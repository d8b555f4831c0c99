-- ===== src/TollFree.antt =====
-- callfwd/TollFreeMapping.cpp: the toll-free numbers.
use lnr_high_performance.Base.{
  true, false, sym, ap, refl, ℕ, suc, ◌+◌, ◌<◌, ◌≡◌, false, ◌==◌, if◌then◌else◌, refl, ap, Option,
  none, some, List, [], ◌∷◌, map, length, Bytes, get_or, All, Result, ok, err, and_then,
  bad_columns, not, Run, done, ◌>>=◌,
}
use lnr_high_performance.Csv.Lines.{IsLine, text_of, at}
use lnr_high_performance.Csv.{Loaded, load_rows}
use lnr_high_performance.Keyed.Spelled.{Spelled, first_of, load_rows-first_of}
use lnr_high_performance.Keyed.Answers.{answer, entry}
use lnr_high_performance.Text.Columns.{Written, split_line-Written}
use lnr_high_performance.Keyed
use lnr_high_performance.Keyed.{Table, new_table, insert_row, get_all, with_columns}
use lnr_high_performance.Text.{stoll, split_line, starts_digit, field}
use lnr_high_performance.Vendor.{Folly}

-- the tests of `fromCSV` on a line, and its columns
unfoldable pub columns : Bytes → Result (Option (List Bytes))
columns line =
    let parts = split_line line in
    if not (starts_digit line)
    then ok none
    else if length parts == 3
    then ok (some parts)
    else err bad_columns

unfoldable pub key_of : List Bytes → Result ℕ
key_of parts = and_then (field 0 parts) stoll

-- What a line says. One that starts with no digit is skipped; any other is a row of three columns,
-- of which the first reads as the number.
abbrev pub Spells : Bytes → Option (ℕ × ℕ) → Type 0
Spells line none = starts_digit line ≡ false
Spells line (some e) =
    (number second third : Bytes) × Written (number ∷ second ∷ third ∷ []) line
    × (starts_digit line ≡ true)
    × (stoll number ≡ ok e.0)
    × (e.1 ≡ 1)

entry-Spells :
    (line : Bytes) (e : Option (ℕ × ℕ))
    → Spells line e
    → entry columns key_of (λ k. 1) (λ k parts. ok 1) line ≡ ok e
unfolding entry columns key_of field
entry-Spells line none h = rw h refl
entry-Spells line (some e) (number, second, third, w, d, n, v) =
    rw (split_line-Written (number ∷ second ∷ third ∷ []) line w, d, n)
      (ap (λ x. ok (some (e.0, x))) (sym v))

module _ (F : Folly ℕ) where
  unfoldable pub add_row : ℕ → ℕ → Table F → Result (Table F)
  add_row pn tollfree d = insert_row F pn tollfree (ok tollfree) d

  -- the body of the loop of `fromCSV`
  unfoldable pub read_line : Bytes → Table F → Result (Table F)
  read_line line d =
      with_columns (columns line) (λ parts d. and_then (key_of parts) λ pn. add_row pn 1 d) d

  -- what stands in the array of answers before has no effect
  unfoldable pub get_toll_frees : ℕ → Table F → List (ℕ × ℕ) → Run (List ℕ)
  get_toll_frees prefetch d out = get_all F (λ pn. pn) (λ tollfree. 1) (λ old. 0) prefetch d out

  -- `old` is what the local variable holds before
  unfoldable pub get_toll_free : ℕ → Table F → ℕ → ℕ → Run ℕ
  get_toll_free prefetch d old pn =
      get_toll_frees prefetch d ((pn, old) ∷ []) >>= λ out. done (get_or out 0 old)

  unfoldable pub build : Table F → Table F
  build d = Keyed.build F d

  -- Loading a file of complete lines into a new builder without an exception, whatever the batch
  -- size, and building it: each number of a batch is then answered with 1 where a row
  -- has it as its first column, and with 0 otherwise, whatever stood in the answer. Every
  -- line starts with no digit and is skipped, or is a row of three columns.
  pub get_toll_frees-load :
      (k fuel prefetch : ℕ) (ls : List Bytes) (es : List (Option (ℕ × ℕ))) (l : Loaded (Table F))
      → Spelled Spells ls es
      → All IsLine ls
      → length ls + 1 < fuel
      → 0 < prefetch
      → load_rows read_line (suc k) fuel (at (text_of ls [])) 0 (new_table F) ≡ done l
      → l.thrown ≡ none
      → (out : List (ℕ × ℕ))
      → get_toll_frees prefetch (build l.content) out
        ≡ done (map (λ (p : ℕ × ℕ). answer (λ v. 1) (λ old. 0) (first_of (p.0) es) p.1) out)
  unfolding add_row read_line get_toll_frees build
  get_toll_frees-load k fuel prefetch ls es l spelled lines enough pos run fine out =
      load_rows-first_of F columns key_of (λ k. 1) (λ k parts. ok 1) Spells entry-Spells (λ pn. pn)
        (λ v. 1) (λ old. 0) k fuel prefetch ls es l spelled lines enough pos run fine out
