-- ===== src/Youmail.antt =====
-- callfwd/YoumailMapping.cpp: fraud scores by number.
use lnr_high_performance.Base.{
  ◌∙◌, false, sym, ap, refl, ◌⊎◌, inl, inr, ℕ, suc, ◌+◌, ◌-◌, ◌<◌, ◌≡◌, not, ◌&&◌, Option, none,
  some, List, [], ◌∷◌, map, length, Bytes, ◌==◌, if◌then◌else◌, get_or, All, bad_columns, Result,
  ok, err, and_then, Run, done, ◌>>=◌,
}
use lnr_high_performance.Csv.Lines.{IsLine, text_of, at}
use lnr_high_performance.Csv.{Loaded, load_rows}
use lnr_high_performance.Keyed.Spelled.{Spelled, first_of, load_rows-first_of}
use lnr_high_performance.Keyed.Answers.{answer, entry}
use lnr_high_performance.Text.Columns.{
  IsColumn, Written, closed, split_line-Written, get_or-Written, get_or-closed,
}
use lnr_high_performance.Keyed.{Table, new_table, insert_row, get_all, with_columns}
use lnr_high_performance.Keyed
use lnr_high_performance.Text.{stoll, split_line, field}
use lnr_high_performance.Vendor.{Folly}

pub record YoumailData : Type 0 where
  pub pn : ℕ
  pub sapmscore : Bytes
  pub fraudprobability : Bytes
  pub unlawful : Bytes
  pub tcpafraud : Bytes

-- the tests of `fromCSV` on a line, and its columns
unfoldable pub columns : Bytes → Result (Option (List Bytes))
columns line =
    let parts = split_line line in
    if not (get_or line 0 0 == b'+')
    then ok none
    else if length parts == 5
    then ok (some parts)
    else if length parts == 4 && (get_or line (length line - 1) 0 == b',')
    then ok (some parts)
    else err bad_columns

-- `phoneNumberStr.find("+1")` and the `erase`: the first "+1" goes
unfoldable pub erase_country : Bytes → Bytes
erase_country [] = []
erase_country (c ∷ []) = c ∷ []
erase_country (c ∷ d ∷ s) =
    let rest = erase_country (d ∷ s) in if (c == b'+') && (d == b'1') then s else c ∷ rest

-- the key that `addRow` computes
unfoldable pub key_of : List Bytes → Result ℕ
key_of parts = and_then (field 0 parts) λ s. stoll (erase_country s)

-- the value that `addRow` fills in
unfoldable pub data_of : ℕ → List Bytes → Result YoumailData
data_of pn parts = and_then (field 1 parts) λ sapmscore.
    and_then (field 2 parts) λ fraudprobability. and_then (field 3 parts) λ unlawful.
      and_then (if length parts == 4 then ok [] else field 4 parts) λ tcpafraud. ok (record {
        pn = pn;
        sapmscore = sapmscore;
        fraudprobability = fraudprobability;
        unlawful = unlawful;
        tcpafraud = tcpafraud;
      })

-- what an answer becomes for which there is no entry: its other fields stay
abbrev pub missing : YoumailData → YoumailData
missing old = record old { pn = 0 }

-- What a line says. One that does not start with '+' is skipped; any other is a row of which the
-- first column is +1 and the number, and the others are kept: five columns, or four and a comma,
-- where the last is empty.
abbrev pub Spells : Bytes → Option (ℕ × YoumailData) → Type 0
Spells line none = (get_or line 0 0 == b'+') ≡ false
Spells line (some e) =
    (number score fraud unlawful tcpa : Bytes) × (Written
        ((b'+' ∷ b'1' ∷ number) ∷ score ∷ fraud ∷ unlawful ∷ tcpa ∷ []) line
      ⊎ (All IsColumn ((b'+' ∷ b'1' ∷ number) ∷ score ∷ fraud ∷ unlawful ∷ [])
          × (line ≡ closed ((b'+' ∷ b'1' ∷ number) ∷ score ∷ fraud ∷ unlawful ∷ []))
          × (tcpa ≡ [])))
    × (stoll number ≡ ok e.0)
    × (e.1 ≡ record {
      pn = e.0;
      sapmscore = score;
      fraudprobability = fraud;
      unlawful = unlawful;
      tcpafraud = tcpa;
    })

entry-Spells :
    (line : Bytes) (e : Option (ℕ × YoumailData))
    → Spells line e
    → entry columns key_of (λ k. k) data_of line ≡ ok e
unfolding entry columns key_of data_of field erase_country
entry-Spells line none h = rw h refl
entry-Spells line (some e) (number, score, fraud, unlawful, tcpa, inl w, n, v) =
    rw
      (
        split_line-Written ((b'+' ∷ b'1' ∷ number) ∷ score ∷ fraud ∷ unlawful ∷ tcpa ∷ []) line w,
        get_or-Written b'+' (b'1' ∷ number) score (fraud ∷ unlawful ∷ tcpa ∷ []) line w,
        n,
      )
      (ap (λ x. ok (some (e.0, x))) (sym v))
entry-Spells line (some e) (number, score, fraud, unlawful, tcpa, inr (cols, w, empty), n, v) =
    let start =
      get_or-Written b'+' (b'1' ∷ number) score (fraud ∷ unlawful ∷ []) line (cols, inr w) in
    let ends = get_or-closed (b'+' ∷ b'1' ∷ number) (score ∷ fraud ∷ unlawful ∷ []) line w in
    rw
      (
        split_line-Written ((b'+' ∷ b'1' ∷ number) ∷ score ∷ fraud ∷ unlawful ∷ []) line
            (cols, inr w),
        start,
        ends,
        n,
      )
      (ap
          (λ t. ok (
            some (
              e.0,
              record {
                pn = e.0;
                sapmscore = score;
                fraudprobability = fraud;
                unlawful = unlawful;
                tcpafraud = t;
              },
            )))
          (sym empty)
        ∙ ap (λ x. ok (some (e.0, x))) (sym v))

module _ (F : Folly YoumailData) where
  unfoldable pub add_row : List Bytes → Table F → Result (Table F)
  add_row parts d = and_then (key_of parts) λ k. insert_row F k k (data_of k parts) d

  -- the body of the loop of `fromCSV`
  unfoldable pub read_line : Bytes → Table F → Result (Table F)
  read_line line d = with_columns (columns line) add_row d

  unfoldable pub get_youmails : ℕ → Table F → List (ℕ × YoumailData) → Run (List YoumailData)
  get_youmails prefetch d out = get_all F (λ pn. pn) (λ v. v) missing prefetch d out

  -- `old` is what the local variable holds before
  unfoldable pub get_youmail : ℕ → Table F → YoumailData → ℕ → Run YoumailData
  get_youmail prefetch d old pn =
      get_youmails prefetch d ((pn, old) ∷ []) >>= λ out. done (get_or out 0 old)

  unfoldable pub build : Table F → Table F
  build d = Keyed.build F d

  -- Loading a file of complete lines into a new builder without an exception, whatever the batch
  -- size, and building it: each number of a batch is then answered with the scores of the
  -- first row that has it behind its +1, or pn becomes 0 and the rest of the answer stays.
  -- Every line does not start with '+' and is skipped, or is such a row.
  pub get_youmails-load :
      (k fuel prefetch : ℕ) (ls : List Bytes) (es : List (Option (ℕ × YoumailData)))
      (l : Loaded (Table F))
      → Spelled Spells ls es
      → All IsLine ls
      → length ls + 1 < fuel
      → 0 < prefetch
      → load_rows read_line (suc k) fuel (at (text_of ls [])) 0 (new_table F) ≡ done l
      → l.thrown ≡ none
      → (out : List (ℕ × YoumailData))
      → get_youmails prefetch (build l.content) out
        ≡ done (
            map
              (λ (p : ℕ × YoumailData).
                answer (λ v. v) (λ old. record old { pn = 0 }) (first_of (p.0) es) p.1)
              out)
  unfolding add_row read_line get_youmails build
  get_youmails-load k fuel prefetch ls es l spelled lines enough pos run fine out =
      load_rows-first_of F columns key_of (λ k. k) data_of Spells entry-Spells (λ pn. pn) (λ v. v)
        (λ old. record old { pn = 0 }) k fuel prefetch ls es l spelled lines enough pos run fine out
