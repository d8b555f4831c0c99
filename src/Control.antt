-- ===== src/Control.antt =====
-- The global slots of callfwd/Control.cpp and the commands that load them. A command's file is the
-- stream it is read from; the reply is the status byte, if one is sent.
pub mod RoundTrip
pub mod Server
pub mod Serving
pub mod Reachable
pub mod Slots
pub mod Dump
pub mod Verify
use lnr_high_performance.Base.{
  ℕ, Bool, true, false, ◌&&◌, Option, none, some, if◌then◌else◌, is_some, Bytes, Error,
  invalid_argument, out_of_range, out_of_bounds, Result, Run, done, ◌>>=◌,
}
use lnr_high_performance.Csv.{Stream, Loaded, load_rows}
use lnr_high_performance.Dnc
use lnr_high_performance.Dno
use lnr_high_performance.F404
use lnr_high_performance.F606
use lnr_high_performance.Ftc
use lnr_high_performance.Geo
use lnr_high_performance.Keyed
use lnr_high_performance.Keyed.{Table}
use lnr_high_performance.Lerg
use lnr_high_performance.PhoneMapping
use lnr_high_performance.PhoneMapping.Lines
use lnr_high_performance.TollFree
use lnr_high_performance.Vendor.{Folly, FollyText}
use lnr_high_performance.Youmail

-- the hash map at the value types of the databases
pub record Maps : Type 1 where
  pub numbers : Folly ℕ
  pub lergs : Folly Lerg.LergData
  pub youmails : Folly Youmail.YoumailData
  pub geos : Folly Geo.GeoData
  pub ftcs : Folly Ftc.FtcData
  pub f404s : Folly F404.F404Data
  pub f606s : Folly F606.F606Data

-- the rest of the message, as each database's `dynamic`
pub record Metas (M : Maps) : Type 0 where
  pub numbers : M.numbers.Dynamic
  pub lergs : M.lergs.Dynamic
  pub youmails : M.youmails.Dynamic
  pub geos : M.geos.Dynamic
  pub ftcs : M.ftcs.Dynamic
  pub f404s : M.f404s.Dynamic
  pub f606s : M.f606s.Dynamic

-- the global variables
pub record Globals (M : Maps) : Type 0 where
  pub us : Option (PhoneMapping.Data M.numbers)
  pub ca : Option (PhoneMapping.Data M.numbers)
  pub dnc : Option (Table M.numbers)
  pub dno : Option (Dno.Data M.numbers)
  pub toll_free : Option (Table M.numbers)
  pub lerg : Option (Lerg.Data M.lergs)
  pub youmail : Option (Table M.youmails)
  pub geo : Option (Table M.geos)
  pub ftc : Option (Table M.ftcs)
  pub f404 : Option (Table M.f404s)
  pub f606 : Option (Table M.f606s)

pub data Reply : Type 0 where
  success failure no_reply : Reply

-- `std::runtime_error` is caught; what `std::stoll` throws is not
unfoldable pub is_runtime_error : Error → Bool
is_runtime_error invalid_argument = false
is_runtime_error out_of_range = false
is_runtime_error out_of_bounds = false
is_runtime_error _ = true

-- `PhoneMapping::isAvailable`
unfoldable pub is_available : {M : Maps} → Globals M → Bool
is_available g = is_some g.us && is_some g.ca

module _ {M : Maps} {D : Type 0} where
  -- behind the loop of a loader: `commit` puts the built data in the slot
  unfoldable pub settle :
      (Option D → Globals M → Globals M) → (D → D) → Globals M → Loaded D → Globals M × Reply
  settle put build g l = elim l.thrown [
    | none ↦ (put (some (build l.content)) g, success)
    | some e ↦ (g, if is_runtime_error e then failure else no_reply)
  ]

  -- a loader: the file is read into a new builder
  unfoldable pub load_file :
      (Option D → Globals M → Globals M)
      → (Bytes → D → Result D)
      → D
      → (D → D)
      → ℕ
      → Stream
      → Globals M
      → Run (Globals M × Reply)
  load_file put step new build fuel s g =
      load_rows step 10000 fuel s 0 new >>= λ (l : Loaded D). done (settle put build g l)

pub data Country : Type 0 where
  us_country ca_country : Country

-- the commands that load a mapping
pub data Command : Type 0 where
  reload : Country → Command
  dnc_reload tollfree_reload lerg_reload youmail_reload geo_reload ftc_reload f404_reload : Command
  f606_reload : Command
  dno_reload : Dno.DnoType → Command

module _ (T : FollyText) (M : Maps) (meta : Metas M) (garbage : ℕ) where
  -- the branches of `dispatch`
  unfoldable pub dispatch : Command → ℕ → Stream → Globals M → Run (Globals M × Reply)
  dispatch (reload us_country) =
      load_file (λ d g. record g { us = d }) (PhoneMapping.Lines.read_line T M.numbers)
        (PhoneMapping.set_metadata M.numbers meta.numbers (PhoneMapping.new_data M.numbers))
        (PhoneMapping.build M.numbers)
  dispatch (reload ca_country) =
      load_file (λ d g. record g { ca = d }) (PhoneMapping.Lines.read_line T M.numbers)
        (PhoneMapping.set_metadata M.numbers meta.numbers (PhoneMapping.new_data M.numbers))
        (PhoneMapping.build M.numbers)
  dispatch dnc_reload =
      load_file (λ d g. record g { dnc = d }) (Dnc.read_line M.numbers garbage)
        (Keyed.set_metadata M.numbers meta.numbers (Keyed.new_table M.numbers))
        (Dnc.build M.numbers)
  dispatch tollfree_reload =
      load_file (λ d g. record g { toll_free = d }) (TollFree.read_line M.numbers)
        (Keyed.set_metadata M.numbers meta.numbers (Keyed.new_table M.numbers))
        (TollFree.build M.numbers)
  dispatch (dno_reload kind) =
      load_file (λ d g. record g { dno = d }) (Dno.read_line M.numbers kind)
        (Dno.set_metadata M.numbers meta.numbers (Dno.new_data M.numbers)) (λ d. d)
  dispatch lerg_reload =
      load_file (λ d g. record g { lerg = d }) (Lerg.read_line M.lergs)
        (Lerg.set_metadata M.lergs meta.lergs (Lerg.new_data M.lergs)) (Lerg.build M.lergs)
  dispatch youmail_reload =
      load_file (λ d g. record g { youmail = d }) (Youmail.read_line M.youmails)
        (Keyed.set_metadata M.youmails meta.youmails (Keyed.new_table M.youmails))
        (Youmail.build M.youmails)
  dispatch geo_reload =
      load_file (λ d g. record g { geo = d }) (Geo.read_line M.geos)
        (Keyed.set_metadata M.geos meta.geos (Keyed.new_table M.geos)) (Geo.build M.geos)
  dispatch ftc_reload =
      load_file (λ d g. record g { ftc = d }) (Ftc.read_line M.ftcs)
        (Keyed.set_metadata M.ftcs meta.ftcs (Keyed.new_table M.ftcs)) (Ftc.build M.ftcs)
  dispatch f404_reload =
      load_file (λ d g. record g { f404 = d }) (F404.read_line M.f404s)
        (Keyed.set_metadata M.f404s meta.f404s (Keyed.new_table M.f404s)) (F404.build M.f404s)
  dispatch f606_reload =
      load_file (λ d g. record g { f606 = d }) (F606.read_line M.f606s)
        (Keyed.set_metadata M.f606s meta.f606s (Keyed.new_table M.f606s)) (F606.build M.f606s)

+--

Report back each line in the material above that contains the string "addRow".

## TASK OUTPUT
-- the key that `addRow` computes
-- the value that `addRow` fills in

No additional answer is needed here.